Ya no es solo laReal Academia Española, sino la Asociación de Academias de la Lengua Española (23 academias), entre las cuales está la puertorriqueña (enlace). Tanto el DPD como la nueva gramática que va a salir pronto ha sido escrita entre todas estas academias, y han incorporado todos los usos regionales que cada país ha considerado aceptable.

Este artículo, por tanto, ha debido ser aprobado por la Academia Puertorriqueña:


> *b) * En el español de muchos países de América, es frecuente, especialmente en *r**egistros populares o coloquiales*, trasladar a la forma singular del pronombre átono de acusativo en función de complemento directo el rasgo de plural correspondiente al complemento indirecto, cuando este va representado por la forma invariable _se:_ _«¡No entienden que este es mi espacio, es mi lugar! Cuántas veces quieren que se los diga» _(Purroy _Desertor_ [Ven. 1989]), en lugar de _Cuántas veces quieren que se lo diga._ Aunque en algunos países esta transferencia indebida se ha extendido incluso entre hablantes cultos, se recomienda evitarla en el habla esmerada.
> 
> _Diccionario panhispánico de dudas ©2005
> Real Academia Española © Todos los derechos reservados_


Si te molesta lo de "registros populares o coloquiales", envíales un correo a los señores de la Academia de tu país, a ver qué te responden.


----------



## Jeromed

1SPTranslator said:


> Hola* SerinusCanaria3075*, estoy de acuerdo contigo "América" es el continente completo de norte a sur, lamentablemente los estadounidenses alegan no tener una palabra en inglés para describirlos como grupo y se llaman a ellos mismos "americanos" como si ellos fueran los únicos en el continente...


.

Bueno, el país se llama _United States of *America*_, así como México se llama _Estados Unidos *Mexicanos*_, y en una época Brasil se llamaba _Estados Unidos do *Brasil*_. 

Además creo que si las personas tiene derecho a usar todo o parte de su nombre de pila para referirse a sí mismas, y de usar los sobrenombres que se les venga en gana (por ej., _1SPtranslator_), ¿por qué los estadounidenses no pueden tener el derecho de llamarse _americanos_ y a su país _America?_


----------



## Lumia

1SPTranslator said:


> Hola *Lumia*, obviamente no estamos hablando de errores que son horrores como _*Grabiel, *me se, etc. _mi punto es que este asunto de "lo"/"los" es facilito en papel pero no en el uso diario y eso es lo que tiene a Hfpardue grave.

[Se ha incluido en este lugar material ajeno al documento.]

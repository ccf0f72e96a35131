-- ===== src/Fifo/Bulk/Ends.antt =====
-- How the two programs come to their ends.
use linuxapp.Common.{
  ℕ, zero, suc, ◌+◌, ◌*◌, Bool, true, false, some, List, [], length, ◌≡◌, refl, ◌⊎◌, arith, ◌∙◌, ap,
}
use linuxapp.Common.Channel.{Pipe, IsFifo, IsWorking}
use linuxapp.Fifo.Stream.{Turn}
use linuxapp.Fifo.Bulk.{
  ten_meg, buffer_size, alternate, IsBlocking, Transfer, write_round, read_round, transfer, opened,
}
use linuxapp.Fifo.Bulk.Sound.{write_more, read_more, transfer-IsSound, opened-IsSound, finished_all}

module _ (P : Pipe) (waits : P.State → ℕ → Bool) (fifo : IsFifo P) (works : IsWorking P)
    (blocking : IsBlocking P waits) (buffer : List ℕ) (whole : length buffer ≡ buffer_size) where
  open P use {State, contents}

  last_write :
      (b : Transfer P waits)
      → b.written ≡ ten_meg
      → write_round P waits buffer b ≡ some (record b { closed = true })
  unfolding write_round
  last_write b all = rw all refl

  last_read :
      (b : Transfer P waits)
      → contents b.pipe ≡ []
      → b.closed ≡ true
      → read_round P waits b ≡ some (record b { finished = true })
  unfolding read_round
  last_read b empty over = rw empty (rw over refl)

  -- From an empty pipe, in alternation, both come to their ends.
  alternate_lem :
      (n : ℕ) (b : Transfer P waits)
      → contents b.pipe ≡ []
      → b.written + n * 4096 ≡ ten_meg
      → (c : Transfer P waits) × (transfer P waits buffer (alternate (suc n)) b ≡ some c)
        × (c.finished ≡ true)
  unfolding transfer alternate
  alternate_lem zero b empty all = (
    record b { closed = true; finished = true },
    rw (last_write b (omega (arith, all)))
        (rw (last_read (record b { closed = true }) empty refl) refl),
    refl,
  )
  alternate_lem (suc n) b empty all =
      let (t, e, added) =
        write_more P waits fifo works blocking buffer whole b (omega (arith, all))
          (blocking.has_room b.pipe buffer_size (rw empty (omega arith))) in
      let full : length (contents t) ≡ 4096 = added ∙ ap (λ n. n + 4096) (ap length empty) in
      let c : Transfer P waits = record b { pipe = t; written = b.written + 4096 } in
      let (u, e2, taken) =
        read_more P waits fifo works blocking buffer whole c (omega (arith, full))
          (omega (arith, full)) in
      let (d, e3, done) =
        alternate_lem n (record c { pipe = u; received = c.received + length (contents t) }) taken
          (omega (arith, all)) in
      (d, rw e (rw e2 e3), done)

  -- Over a pipe that meets its laws, empty at first, whatever its size, in every order of turns: no
  -- call fails, the bytes received and those in the pipe are as many as were written, and the
  -- reader comes to its end only with ten megabytes received. And 2561 turns of each in alternation
  -- bring it there.
  pub transfer_lem :
      (turns : List Turn) (s : State)
      → contents s ≡ []
      → (b c : Transfer P waits) × (transfer P waits buffer turns (opened P waits s) ≡ some b)
        × (b.received + length (contents b.pipe) ≡ b.written)
        × ((b.finished ≡ false) ⊎ (b.received ≡ ten_meg))
        × (transfer P waits buffer (alternate 2561) (opened P waits s) ≡ some c)
        × (c.finished ≡ true)
  transfer_lem turns s empty =
      let (b, e, sound) =
        transfer-IsSound P waits fifo works blocking buffer whole turns (opened P waits s)
          (opened-IsSound P waits fifo works blocking buffer whole s empty) in
      let (c, e2, done) = alternate_lem 2560 (opened P waits s) empty (omega arith) in
      (
        b,
        c,
        e,
        sound.balance,
        finished_all P waits fifo works blocking buffer whole b sound,
        e2,
        done,
      )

Tal vez debererías entender que no es que no acepte que esten incorrectas sino que simplemente es frustante tener que cambiar frases y patrones que considerabas correctas por años por las que realmente lo son.


 
_Me se_ es tan horroroso y tan común como _se los comentó_ (a ellos una única cosa) y tan frustrante descubrir que hay que cambiarlo porque no es correcto. El caso es exactamente el mismo. La diferencia es que tú no usas la primera y sí la segunda.


----------



## lazarus1907

jmartins said:


> Este comentario es repetido : "se los agradezco (eso a ustedes)" también se dice en España... yo lo digo.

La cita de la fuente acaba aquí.